The human work behind the automation

Anthropic describes the compiler as a “clean-room implementation” because the agents had no Internet access during development. But that framing is somewhat misleading. The underlying model was trained on enormous quantities of publicly available source code, almost certainly including GCC, Clang, and numerous smaller C compilers. In traditional software development, “clean room” specifically means the implementers have never seen the original code. By that standard, this isn’t one.

On Hacker News, the distinction drew sharp debate, reflective of a controversial reception to the news among developers. “It was rather a brute force attempt to decompress fuzzily stored knowledge contained within the network,” wrote one commenter.

The $20,000 figure also deserves some context.
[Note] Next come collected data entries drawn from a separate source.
-- ===== src/Tui.antt =====
-- src/tui.rs: the state of the terminal UI and its keys. What the server answers to a request is an
-- argument, and the requests that change something on the server are returned. Drawing is left out.
pub mod Selection
use wakezilla.Prelude.{
  leb, ◌==◌, if◌then◌else◌, is_some, length, get_elem?, ◌^^◌, HashMap, Result, ok, err, ℕ, ◌+◌, ◌-◌,
  ◌%◌, String, Bool, true, false, ◌||◌, Option, none, some, List, [], ◌∷◌,
}
use wakezilla.Common.{Machine}
use wakezilla.ProxyServer.Hosts.{ServiceAccessHistory}

pub data MessageLevel : Type 0 where
  info success failure : MessageLevel

pub record StatusMessage : Type 0 where
  pub text : String
  pub level : MessageLevel
  pub created_at : ℕ

pub record App : Type 0 where
  pub machines : List Machine
  pub statuses : HashMap (Option Bool)
  pub access_history : Option (List ServiceAccessHistory)
  pub selected : ℕ
  pub loading : Bool
  pub should_quit : Bool
  pub confirm_delete : Bool
  pub message : Option StatusMessage
  pub last_refresh : ℕ

-- The answers of the server while one key is handled.
pub record ApiClient : Type 0 where
  pub list_machines : Result (List Machine) String
  pub statuses_for : List Machine → HashMap (Option Bool)
  pub access_history : String → Option (List ServiceAccessHistory)
  pub wake_machine : String → Result String String
  pub turn_off_machine : String → Result String String
  pub delete_machine : String → Result String String

pub data Call : Type 0 where
  wake turn_off delete : (mac : String) → Call

unfoldable pub selected_machine : App → Option Machine
selected_machine app = get_elem? app.machines app.selected

unfoldable pub next : App → App
next app =
    if length app.machines == 0
    then app
    else record app { selected = (app.selected + 1) % length app.machines }

unfoldable pub previous : App → App
previous app = if length app.machines == 0 then app else record app {
  selected = if app.selected == 0 then length app.machines - 1 else app.selected - 1;
}

unfoldable pub set_message : String → MessageLevel → (now : ℕ) → App → App
set_message text level now app = record app {
  message = some (record { text = text; level = level; created_at = now });
}

unfoldable pub load_selected_history : ApiClient → App → App
unfolding selected_machine
load_selected_history client app = elim (selected_machine app) [
  | none ↦ record app { access_history = none }
  | some machine ↦ record app { access_history = client.access_history machine.mac }
]

unfoldable pub with_machines : ApiClient → List Machine → App → App
with_machines client machines app = record app {
  machines = machines;
  selected = if leb (length machines) app.selected then length machines - 1 else app.selected;
  statuses = client.statuses_for machines;
}

unfoldable pub refreshed : ApiClient → (now : ℕ) → List Machine → App → App
unfolding load_selected_history set_message with_machines
refreshed client now machines app =
    set_message "Loaded machines" success now
      (record (load_selected_history client (with_machines client machines app)) {
        loading = false;
        last_refresh = now;
      })

unfoldable pub refresh : ApiClient → (now : ℕ) → App → App
unfolding refreshed set_message
refresh client now app = elim client.list_machines [
  | ok machines ↦ refreshed client now machines app
  | err error ↦ set_message ("API error: " ^^ error) failure now (record app { loading = false })
]

unfoldable pub report : Result String String → (prefix : String) → (now : ℕ) → App → App
unfolding set_message
report (ok message) prefix now app = set_message message success now app
report (err error) prefix now app = set_message (prefix ^^ error) failure now app

unfoldable pub wake_selected : ApiClient → (now : ℕ) → App → App × List Call
unfolding selected_machine set_message report
wake_selected client now app = elim (selected_machine app) [
  | none ↦ (set_message "No machine selected" info now app, [])
  | some machine ↦
      (report (client.wake_machine machine.mac) "Wake failed: " now app, wake machine.mac ∷ [])
]

unfoldable pub turn_off_selected : ApiClient → (now : ℕ) → App → App × List Call
unfolding selected_machine set_message report
turn_off_selected client now app = elim (selected_machine app) [
  | none ↦ (set_message "No machine selected" info now app, [])
  | some machine ↦ (
    report (client.turn_off_machine machine.mac) "Turn off failed: " now app,
    turn_off machine.mac ∷ [],
  )
]

unfoldable pub after_deletion : ApiClient → Result String String → (now : ℕ) → App → App
unfolding set_message refresh
after_deletion client (ok message) now app =
    refresh client now (set_message message success now app)
after_deletion client (err error) now app = set_message ("Delete failed: " ^^ error) failure now app

unfoldable pub delete_selected : ApiClient → (now : ℕ) → App → App × List Call
unfolding selected_machine set_message after_deletion
delete_selected client now app = elim (selected_machine app) [
  | none ↦ (set_message "No machine selected" info now app, [])
  | some machine ↦
      (after_deletion client (client.delete_machine machine.mac) now app, delete machine.mac ∷ [])
]

-- A key: Control and c, a letter as its code, or another key.
pub data Key : Type 0 where
  control_c esc down up other_key : Key
  char : ℕ → Key

-- What a key asks for where no deletion waits for its confirmation.
pub data Command : Type 0 where
  quit move_down move_up reload wake_up shut_down ask_delete ignore : Command

unfoldable pub command_of : Key → Command
command_of esc = quit
command_of down = move_down
command_of up = move_up
command_of control_c = quit
command_of other_key = ignore
command_of (char c) =
    if c == b'q'
    then quit
    else if c == b'j'
    then move_down
    else if c == b'k'
    then move_up
    else if c == b'r'
    then reload
    else if c == b'w'
    then wake_up
    else if c == b't'
    then shut_down
    else if c == b'd'
    then ask_delete
    else ignore

unfoldable pub run_command : Command → ApiClient → (now : ℕ) → App → App × List Call
unfolding next previous load_selected_history refresh wake_selected turn_off_selected
    selected_machine
run_command quit client now app = (record app { should_quit = true }, [])
run_command move_down client now app = (load_selected_history client (next app), [])
run_command move_up client now app = (load_selected_history client (previous app), [])
run_command reload client now app = (refresh client now app, [])
run_command wake_up client now app = wake_selected client now app
run_command shut_down client now app = turn_off_selected client now app
run_command ask_delete client now app =
    (if is_some (selected_machine app) then record app { confirm_delete = true } else app, [])
run_command ignore client now app = (app, [])

unfoldable pub is_yes : Key → Bool
is_yes (char c) = c == b'y' || c == b'Y'
is_yes _ = false

unfoldable pub is_interrupt : Key → Bool
is_interrupt control_c = true
is_interrupt _ = false

unfoldable pub handle_key : ApiClient → (now : ℕ) → Key → App → App × List Call
unfolding is_interrupt is_yes delete_selected set_message command_of run_command
handle_key client now key app =
    if is_interrupt key
    then (record app { should_quit = true }, [])
    else if app.confirm_delete
    then (if is_yes key
        then delete_selected client now (record app { confirm_delete = false })
        else (set_message "Delete cancelled" info now (record app { confirm_delete = false }), []))
    else run_command (command_of key) client now app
That number covers only API token costs and excludes the billions spent training the model, the human labor Carlini invested in building the scaffolding, and the decades of work by compiler engineers who created the test suites and reference implementations that made the project possible.
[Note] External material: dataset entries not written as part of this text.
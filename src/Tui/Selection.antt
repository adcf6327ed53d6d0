-- ===== src/Tui/Selection.antt =====
-- The selection of the terminal UI stays on the list, and a machine is deleted after a confirmation
-- only.
use native.Mathlib.Nat.{mod-lt}
use wakezilla.Prelude.{
  length, ◌-◌, ◌≤◌, Bool, true, false, ◌==◌, Bool-cases, Option-cases, Result, Result-cases, ok,
  err, ℕ, ◌+◌, String, inl, inr, List, arith, is_some, any, ◌<◌, ◌≡◌, refl, ==_iff, ap, ◌⊎◌,
}
use wakezilla.Common.{Machine}
use wakezilla.Tui.{
  App, Call, wake, turn_off, delete, ApiClient, selected_machine, next, previous, set_message,
  load_selected_history, refreshed, refresh, report, with_machines, wake_selected,
  turn_off_selected, after_deletion, delete_selected, Key, Command, command_of, run_command, is_yes,
  is_interrupt, handle_key, success, quit, move_down, move_up, reload, wake_up, shut_down,
  ask_delete, ignore, char,
}

-- The selected index is on the list, or zero on an empty one.
abbrev pub IsSelected : App → Type 0
IsSelected app = app.selected ≤ length app.machines - 1

unfoldable pub is_delete : Call → Bool
is_delete (wake mac) = false
is_delete (turn_off mac) = false
is_delete (delete mac) = true

positive : (n : ℕ) → (n == 0) ≡ false → 0 < n
positive n h = ground arith

next-IsSelected : (app : App) → IsSelected app → IsSelected (next app)
unfolding next
next-IsSelected app h = elim (Bool-cases (length app.machines == 0)) [
  | inl empty ↦ rw empty h
  | inr some_machine ↦
      let bound = mod-lt (app.selected + 1) (positive (length app.machines) some_machine) in
      rw some_machine (omega (arith, bound))
]

previous-IsSelected : (app : App) → IsSelected app → IsSelected (previous app)
unfolding previous
previous-IsSelected app h = elim (Bool-cases (length app.machines == 0)) [
  | inl empty ↦ rw empty h
  | inr some_machine ↦ elim (Bool-cases (app.selected == 0)) [
    | inl first ↦ rw (some_machine, previous, first) (omega arith)
    | inr later ↦ rw (some_machine, previous, later) (omega (arith, h))
  ]
]

load_selected_history-IsSelected :
    (client : ApiClient) (app : App)
    → IsSelected app
    → IsSelected (load_selected_history client app)
unfolding load_selected_history
load_selected_history-IsSelected client app h = elim (Option-cases (selected_machine app)) [
  | inl absent ↦ rw (absent, load_selected_history) h
  | inr (machine, present) ↦ rw (present, load_selected_history) h
]

refreshed-IsSelected :
    (client : ApiClient) (now : ℕ) (machines : List Machine) (app : App)
    → IsSelected (refreshed client now machines app)
unfolding refreshed set_message
refreshed-IsSelected client now machines app =
    load_selected_history-IsSelected client (with_machines client machines app)
      (unfold with_machines in ground arith)

refresh-IsSelected :
    (client : ApiClient) (now : ℕ) (app : App)
    → IsSelected app
    → IsSelected (refresh client now app)
unfolding refresh set_message
refresh-IsSelected client now app h = elim (Result-cases client.list_machines) [
  | inl (machines, good) ↦ rw (good, refresh) (refreshed-IsSelected client now machines app)
  | inr (e, bad) ↦ rw (bad, refresh) h
]

report-IsSelected :
    (r : Result String String) (prefix : String) (now : ℕ) (app : App)
    → IsSelected app
    → IsSelected (report r prefix now app)
unfolding report set_message
report-IsSelected (ok message) prefix now app h = h
report-IsSelected (err e) prefix now app h = h

after_deletion-IsSelected :
    (client : ApiClient) (r : Result String String) (now : ℕ) (app : App)
    → IsSelected app
    → IsSelected (after_deletion client r now app)
unfolding after_deletion set_message
after_deletion-IsSelected client (ok message) now app h =
    refresh-IsSelected client now (set_message message success now app) h
after_deletion-IsSelected client (err e) now app h = h

delete_selected-IsSelected :
    (client : ApiClient) (now : ℕ) (app : App)
    → IsSelected app
    → IsSelected (delete_selected client now app).0
unfolding delete_selected set_message
delete_selected-IsSelected client now app h = elim (Option-cases (selected_machine app)) [
  | inl absent ↦ rw (absent, delete_selected) h
  | inr (machine, present) ↦
      rw (present, delete_selected)
        (after_deletion-IsSelected client (client.delete_machine machine.mac) now app h)
]

run_command-IsSelected :
    (command : Command) (client : ApiClient) (now : ℕ) (app : App)
    → IsSelected app
    → IsSelected (run_command command client now app).0
unfolding run_command wake_selected turn_off_selected set_message
run_command-IsSelected quit client now app h = h
run_command-IsSelected move_down client now app h =
    load_selected_history-IsSelected client (next app) (next-IsSelected app h)
run_command-IsSelected move_up client now app h =
    load_selected_history-IsSelected client (previous app) (previous-IsSelected app h)
run_command-IsSelected reload client now app h = refresh-IsSelected client now app h
run_command-IsSelected wake_up client now app h = elim (Option-cases (selected_machine app)) [
  | inl absent ↦ rw (absent, wake_selected) h
  | inr (machine, present) ↦
      rw (present, wake_selected)
        (report-IsSelected (client.wake_machine machine.mac) "Wake failed: " now app h)
]
run_command-IsSelected shut_down client now app h = elim (Option-cases (selected_machine app)) [
  | inl absent ↦ rw (absent, turn_off_selected) h
  | inr (machine, present) ↦
      rw (present, turn_off_selected)
        (report-IsSelected (client.turn_off_machine machine.mac) "Turn off failed: " now app h)
]
run_command-IsSelected ask_delete client now app h =
    elim (Bool-cases (is_some (selected_machine app))) [
      | inl present ↦ rw present h
      | inr absent ↦ rw absent h
    ]
run_command-IsSelected ignore client now app h = h

-- Whatever key is pressed, and whatever the server answers, the selection stays on the list of
-- machines, or is zero where the list is empty.
pub handle_key-IsSelected :
    (client : ApiClient) (now : ℕ) (key : Key) (app : App)
    → IsSelected app
    → IsSelected (handle_key client now key app).0
unfolding handle_key set_message
handle_key-IsSelected client now key app h = elim (Bool-cases (is_interrupt key)) [
  | inl stop ↦ rw stop h
  | inr go ↦ elim (Bool-cases app.confirm_delete) [
    | inr free ↦ simp (go, free) (run_command-IsSelected (command_of key) client now app h)
    | inl asked ↦ elim (Bool-cases (is_yes key)) [
      | inl agreed ↦
          simp (go, asked, agreed)
            (delete_selected-IsSelected client now (record app { confirm_delete = false }) h)
      | inr refused ↦ simp (go, asked, refused) h
    ]
  ]
]

run_command_deletes_nothing :
    (command : Command) (client : ApiClient) (now : ℕ) (app : App)
    → any is_delete (run_command command client now app).1 ≡ false
unfolding run_command wake_selected turn_off_selected is_delete
run_command_deletes_nothing quit client now app = refl
run_command_deletes_nothing move_down client now app = refl
run_command_deletes_nothing move_up client now app = refl
run_command_deletes_nothing reload client now app = refl
run_command_deletes_nothing wake_up client now app = elim (Option-cases (selected_machine app)) [
  | inl absent ↦ rw (absent, wake_selected) refl
  | inr (machine, present) ↦ rw (present, wake_selected) refl
]
run_command_deletes_nothing shut_down client now app = elim (Option-cases (selected_machine app)) [
  | inl absent ↦ rw (absent, turn_off_selected) refl
  | inr (machine, present) ↦ rw (present, turn_off_selected) refl
]
run_command_deletes_nothing ask_delete client now app = refl
run_command_deletes_nothing ignore client now app = refl

is_yes-key : (key : Key) → is_yes key ≡ true → (key ≡ char b'y') ⊎ (key ≡ char b'Y')
unfolding is_yes
is_yes-key (char c) h = elim (Bool-cases (c == b'y')) [
  | inl lower ↦ inl (ap char ((==_iff c b'y').0 lower))
  | inr other ↦ inr (ap char ((==_iff c b'Y').0 (rw other at h)))
]
is_yes-key _ h = cc

-- The terminal UI asks the server to delete a machine only where the question is shown and the key
-- is y or Y.
pub handle_key_deletes_confirmed :
    (client : ApiClient) (now : ℕ) (key : Key) (app : App)
    → any is_delete (handle_key client now key app).1 ≡ true
    → (app.confirm_delete ≡ true) × ((key ≡ char b'y') ⊎ (key ≡ char b'Y'))
unfolding handle_key
handle_key_deletes_confirmed client now key app h = elim (Bool-cases (is_interrupt key)) [
  | inl stop ↦ absurd (ground (arith, rw stop at h))
  | inr go ↦ elim (Bool-cases app.confirm_delete) [
    | inr free ↦ absurd (
        ground (
          arith,
          run_command_deletes_nothing (command_of key) client now app,
          simp (go, free) at h,
        ))
    | inl asked ↦ elim (Bool-cases (is_yes key)) [
      | inl agreed ↦ (asked, is_yes-key key agreed)
      | inr refused ↦ absurd (ground (arith, simp (go, asked, refused) at h))
    ]
  ]
]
And that scaffolding was not trivial, which makes any claim of “autonomous” work on the C compiler among the AI agents dubious. While the headline result is a compiler written without human pair-programming, much of the real work that made the project function involved designing the environment around the AI model agents rather than writing compiler code directly. Carlini spent considerable effort building test harnesses, continuous integration pipelines, and feedback systems tuned for the specific ways language models fail.

He found, for example, that verbose test output polluted the model’s context window, causing it to lose track of what it was doing. To address this, Carlini designed test runners that printed only a few summary lines and logged details to separate files.

He also found that Claude has no sense of time and will spend hours running tests without making progress, so he built a fast mode that samples only 1 percent to 10 percent of test cases. When all 16 agents got stuck trying to fix the same Linux kernel bug simultaneously, he used GCC as a reference oracle, randomly compiling most kernel files with GCC and only a subset with Claude’s compiler, so each agent could work on different bugs in different files.

“Claude will work autonomously to solve whatever problem I give it,” Carlini wrote. “So it’s important that the task verifier is nearly perfect, otherwise Claude will solve the wrong problem.”

None of this should obscure what the project actually demonstrates. A year ago, no language model could have produced anything close to a functional multi-architecture compiler, even with this kind of babysitting and an unlimited budget. The methodology of parallel agents coordinating through Git with minimal human supervision is novel, and the engineering tricks Carlini developed to keep the agents productive (context-aware test output, time-boxing, the GCC oracle for parallelization) could potentially represent useful contributions to the wider use of agentic software development tools.

Carlini himself acknowledged feeling conflicted about his own results. “Building this compiler has been some of the most fun I’ve had recently, but I did not expect this to be anywhere near possible so early in 2026,” he wrote. He also raised concerns rooted in his previous career in penetration testing, noting that “the thought of programmers deploying software they’ve never personally verified is a real concern.”